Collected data
########

joined_lem : register local config (draw 10 "1" 1) someone start ≡ (ok first_pair, joined)
unfolding parse_from parse_expiry is_digit multiplier units resolve_hash_secret hash_token
    get_refresh_expiry get_access_token_ttl_seconds generate_access_token generate_token_pair
    find_unique replace find_first where_rows order_by insert_by live_count create_session_atomic
    create_session_tx persist_refresh_token open_session create_user_tx create_user_with_wallet
    find_by_email check_phone_taken trim trim_start trim_end is_blank is_space normalize_email
    register login write read unary marked unmark entry without rotate_refresh_token rotate_tx
    store_rotation_cache rotate_token refresh_current refresh_session refresh get_rotation_cache
    clear_rotation_cache encrypt to_hex revoke_all_user_tokens revoke_where revoke_all_tx
    revoke_all_tokens revoke_access_token deny logout_all update_user update_profile_tx
    update_password_and_revoke_sessions change_password close_account_tx close_account
    revoke_sessions update_status_or_role update_user_status
joined_lem = refl

can_open : CanOpen local config (draw 20 "2" 2) joined.db.refresh_tokens
unfolding parse_from parse_expiry is_digit multiplier units resolve_hash_secret hash_token
    get_refresh_expiry get_access_token_ttl_seconds generate_access_token generate_token_pair
    find_unique replace find_first where_rows order_by insert_by live_count create_session_atomic
    create_session_tx persist_refresh_token open_session create_user_tx create_user_with_wallet
    find_by_email check_phone_taken trim trim_start trim_end is_blank is_space normalize_email
    register login write read unary marked unmark entry without rotate_refresh_token rotate_tx
    store_rotation_cache rotate_token refresh_current refresh_session refresh get_rotation_cache
    clear_rotation_cache encrypt to_hex revoke_all_user_tokens revoke_where revoke_all_tx
    revoke_all_tokens revoke_access_token deny logout_all update_user update_profile_tx
    update_password_and_revoke_sessions change_password close_account_tx close_account
    revoke_sessions update_status_or_role update_user_status
can_open = record {
  hash = 51;
  expires_at = 604800020;
  hashes = refl;
  expires = refl;
  new_hash = refl;
  new_id = refl;
}

-- The address is brought to the one that was registered by taking off the white space.
login-register_example :
    (ts : List RefreshToken) × (login local config
        (draw 20 "2" 2)
        (record { email = " a@b.c "; password = "p" })
        joined
      ≡ (
        ok (generate_token_pair local config (draw 20 "2" 2) 3 "a@b.c" plain_user),
        record joined { db = record joined.db { refresh_tokens = ts } },
      ))
unfolding parse_from parse_expiry is_digit multiplier units resolve_hash_secret hash_token
    get_refresh_expiry get_access_token_ttl_seconds generate_access_token generate_token_pair
    find_unique replace find_first where_rows order_by insert_by live_count create_session_atomic
    create_session_tx persist_refresh_token open_session create_user_tx create_user_with_wallet
    find_by_email check_phone_taken trim trim_start trim_end is_blank is_space normalize_email
    register login write read unary marked unmark entry without rotate_refresh_token rotate_tx
    store_rotation_cache rotate_token refresh_current refresh_session refresh get_rotation_cache
    clear_rotation_cache encrypt to_hex revoke_all_user_tokens revoke_where revoke_all_tx
    revoke_all_tokens revoke_access_token deny logout_all update_user update_profile_tx
    update_password_and_revoke_sessions change_password close_account_tx close_account
    revoke_sessions update_status_or_role update_user_status
login-register_example =
    login-register local config (draw 10 "1" 1) someone (draw 20 "2" 2) " a@b.c " start joined
      first_pair joined_lem refl can_open

is_current : IsCurrent local config "1" 20 joined
unfolding parse_from parse_expiry is_digit multiplier units resolve_hash_secret hash_token
    get_refresh_expiry get_access_token_ttl_seconds generate_access_token generate_token_pair
    find_unique replace find_first where_rows order_by insert_by live_count create_session_atomic
    create_session_tx persist_refresh_token open_session create_user_tx create_user_with_wallet
    find_by_email check_phone_taken trim trim_start trim_end is_blank is_space normalize_email
    register login write read unary marked unmark entry without rotate_refresh_token rotate_tx
    store_rotation_cache rotate_token refresh_current refresh_session refresh get_rotation_cache
    clear_rotation_cache encrypt to_hex revoke_all_user_tokens revoke_where revoke_all_tx
    revoke_all_tokens revoke_access_token deny logout_all update_user update_profile_tx
    update_password_and_revoke_sessions change_password close_account_tx close_account
    revoke_sessions update_status_or_role update_user_status
is_current = record {
  hash = 50;
  session = new_token (draw 10 "1" 1) 3 50 604800010;
  hashes = refl;
  found = refl;
  live = refl;
}

abbrev refreshed : Server Entries
refreshed = (refresh local config (draw 20 "2" 2) "1" joined).1

refreshed_lem : refresh local config (draw 20 "2" 2) "1" joined ≡ (ok second_pair, refreshed)
unfolding parse_from parse_expiry is_digit multiplier units resolve_hash_secret hash_token
    get_refresh_expiry get_access_token_ttl_seconds generate_access_token generate_token_pair
    find_unique replace find_first where_rows order_by insert_by live_count create_session_atomic
    create_session_tx persist_refresh_token open_session create_user_tx create_user_with_wallet
    find_by_email check_phone_taken trim trim_start trim_end is_blank is_space normalize_email
    register login write read unary marked unmark entry without rotate_refresh_token rotate_tx
    store_rotation_cache rotate_token refresh_current refresh_session refresh get_rotation_cache
    clear_rotation_cache encrypt to_hex revoke_all_user_tokens revoke_where revoke_all_tx
    revoke_all_tokens revoke_access_token deny logout_all update_user update_profile_tx
    update_password_and_revoke_sessions change_password close_account_tx close_account
    revoke_sessions update_status_or_role update_user_status
refreshed_lem = refl

refresh-replays_example :
    (refresh local config (draw 500 "3" 3) "1" refreshed ≡ (ok second_pair, refreshed))
    ⊎ ((some (entry (rotation_cache is_current.hash) 500 refreshed.redis) ≡ none)
        × (refresh local config (draw 500 "3" 3) "1" refreshed ≡ (
          err (unauthorized invalid_token),
          record refreshed { redis = without (rotation_cache is_current.hash) refreshed.redis },
        )))
unfolding parse_from parse_expiry is_digit multiplier units resolve_hash_secret hash_token
    get_refresh_expiry get_access_token_ttl_seconds generate_access_token generate_token_pair
    find_unique replace find_first where_rows order_by insert_by live_count create_session_atomic
    create_session_tx persist_refresh_token open_session create_user_tx create_user_with_wallet
    find_by_email check_phone_taken trim trim_start trim_end is_blank is_space normalize_email
    register login write read unary marked unmark entry without rotate_refresh_token rotate_tx
    store_rotation_cache rotate_token refresh_current refresh_session refresh get_rotation_cache
    clear_rotation_cache encrypt to_hex revoke_all_user_tokens revoke_where revoke_all_tx
    revoke_all_tokens revoke_access_token deny logout_all update_user update_profile_tx
    update_password_and_revoke_sessions change_password close_account_tx close_account
    revoke_sessions update_status_or_role update_user_status is_current
refresh-replays_example =
    refresh-replays local config (draw 20 "2" 2) (draw 500 "3" 3) "1" second_pair joined refreshed
      is_current refreshed_lem refl refl (omega arith) (omega arith) (omega arith) (omega arith)

refresh-breach_example :
    (s : Server Entries) × (refresh local config (draw 20000 "3" 3) "1" refreshed
      ≡ (err (unauthorized security_breach), s))
    × (live_count is_current.session.user_id 30000 s.db.refresh_tokens ≡ 0)
    × (s.db ≡ record refreshed.db { refresh_tokens = s.db.refresh_tokens })
unfolding parse_from parse_expiry is_digit multiplier units resolve_hash_secret hash_token
    get_refresh_expiry get_access_token_ttl_seconds generate_access_token generate_token_pair
    find_unique replace find_first where_rows order_by insert_by live_count create_session_atomic
    create_session_tx persist_refresh_token open_session create_user_tx create_user_with_wallet
    find_by_email check_phone_taken trim trim_start trim_end is_blank is_space normalize_email
    register login write read unary marked unmark entry without rotate_refresh_token rotate_tx
    store_rotation_cache rotate_token refresh_current refresh_session refresh get_rotation_cache
    clear_rotation_cache encrypt to_hex revoke_all_user_tokens revoke_where revoke_all_tx
    revoke_all_tokens revoke_access_token deny logout_all update_user update_profile_tx
    update_password_and_revoke_sessions change_password close_account_tx close_account
    revoke_sessions update_status_or_role update_user_status is_current
refresh-breach_example =
    refresh-breach local config (draw 20 "2" 2) (draw 20000 "3" 3) "1" second_pair joined refreshed
      is_current refreshed_lem 30000 (omega arith) (omega arith)

abbrev claims : Uuid → JwtPayload
claims id = record { sub = id; email = "a@b.c"; role = plain_user; jti = "j" }

abbrev left_all : Server Entries
left_all = (logout_all local config (draw 40 "" 4) 3 "j" refreshed).1

abbrev new_password : ChangePasswordDto
new_password = record { current_password = "p"; new_password = "q" }

abbrev changed : Server Entries
changed = (change_password local config (draw 40 "" 4) 3 "j" new_password joined).1

abbrev left_one : Server Entries
left_one = (close_account local config (draw 40 "" 4) start.db 1 "j" start).1

close_account-IsClosed_example : IsClosed local 1 (empty_wallet 12 1) start left_one
unfolding parse_from parse_expiry is_digit multiplier units resolve_hash_secret hash_token
    get_refresh_expiry get_access_token_ttl_seconds generate_access_token generate_token_pair
    find_unique replace find_first where_rows order_by insert_by live_count create_session_atomic
    create_session_tx persist_refresh_token open_session create_user_tx create_user_with_wallet
    find_by_email check_phone_taken trim trim_start trim_end is_blank is_space normalize_email
    register login write read unary marked unmark entry without rotate_refresh_token rotate_tx
    store_rotation_cache rotate_token refresh_current refresh_session refresh get_rotation_cache
    clear_rotation_cache encrypt to_hex revoke_all_user_tokens revoke_where revoke_all_tx
    revoke_all_tokens revoke_access_token deny logout_all update_user update_profile_tx
    update_password_and_revoke_sessions change_password close_account_tx close_account
    revoke_sessions update_status_or_role update_user_status
close_account-IsClosed_example =
    close_account-IsClosed local config (draw 40 "" 4) start.db 1 "j" (empty_wallet 12 1) start
      left_one genesis-IsSound refl refl refl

########

■ AIM OF THE EXERCISE
Start at the first line of the entries and stop at the line with "joined_lem = refl". Retype each of those lines exactly, both ends included.

■ TASK OUTPUT
joined_lem : register local config (draw 10 "1" 1) someone start ≡ (ok first_pair, joined)
unfolding parse_from parse_expiry is_digit multiplier units resolve_hash_secret hash_token
    get_refresh_expiry get_access_token_ttl_seconds generate_access_token generate_token_pair
    find_unique replace find_first where_rows order_by insert_by live_count create_session_atomic
    create_session_tx persist_refresh_token open_session create_user_tx create_user_with_wallet
    find_by_email check_phone_taken trim trim_start trim_end is_blank is_space normalize_email
    register login write read unary marked unmark entry without rotate_refresh_token rotate_tx
    store_rotation_cache rotate_token refresh_current refresh_session refresh get_rotation_cache
    clear_rotation_cache encrypt to_hex revoke_all_user_tokens revoke_where revoke_all_tx
    revoke_all_tokens revoke_access_token deny logout_all update_user update_profile_tx
    update_password_and_revoke_sessions change_password close_account_tx close_account
    revoke_sessions update_status_or_role update_user_status
joined_lem = refl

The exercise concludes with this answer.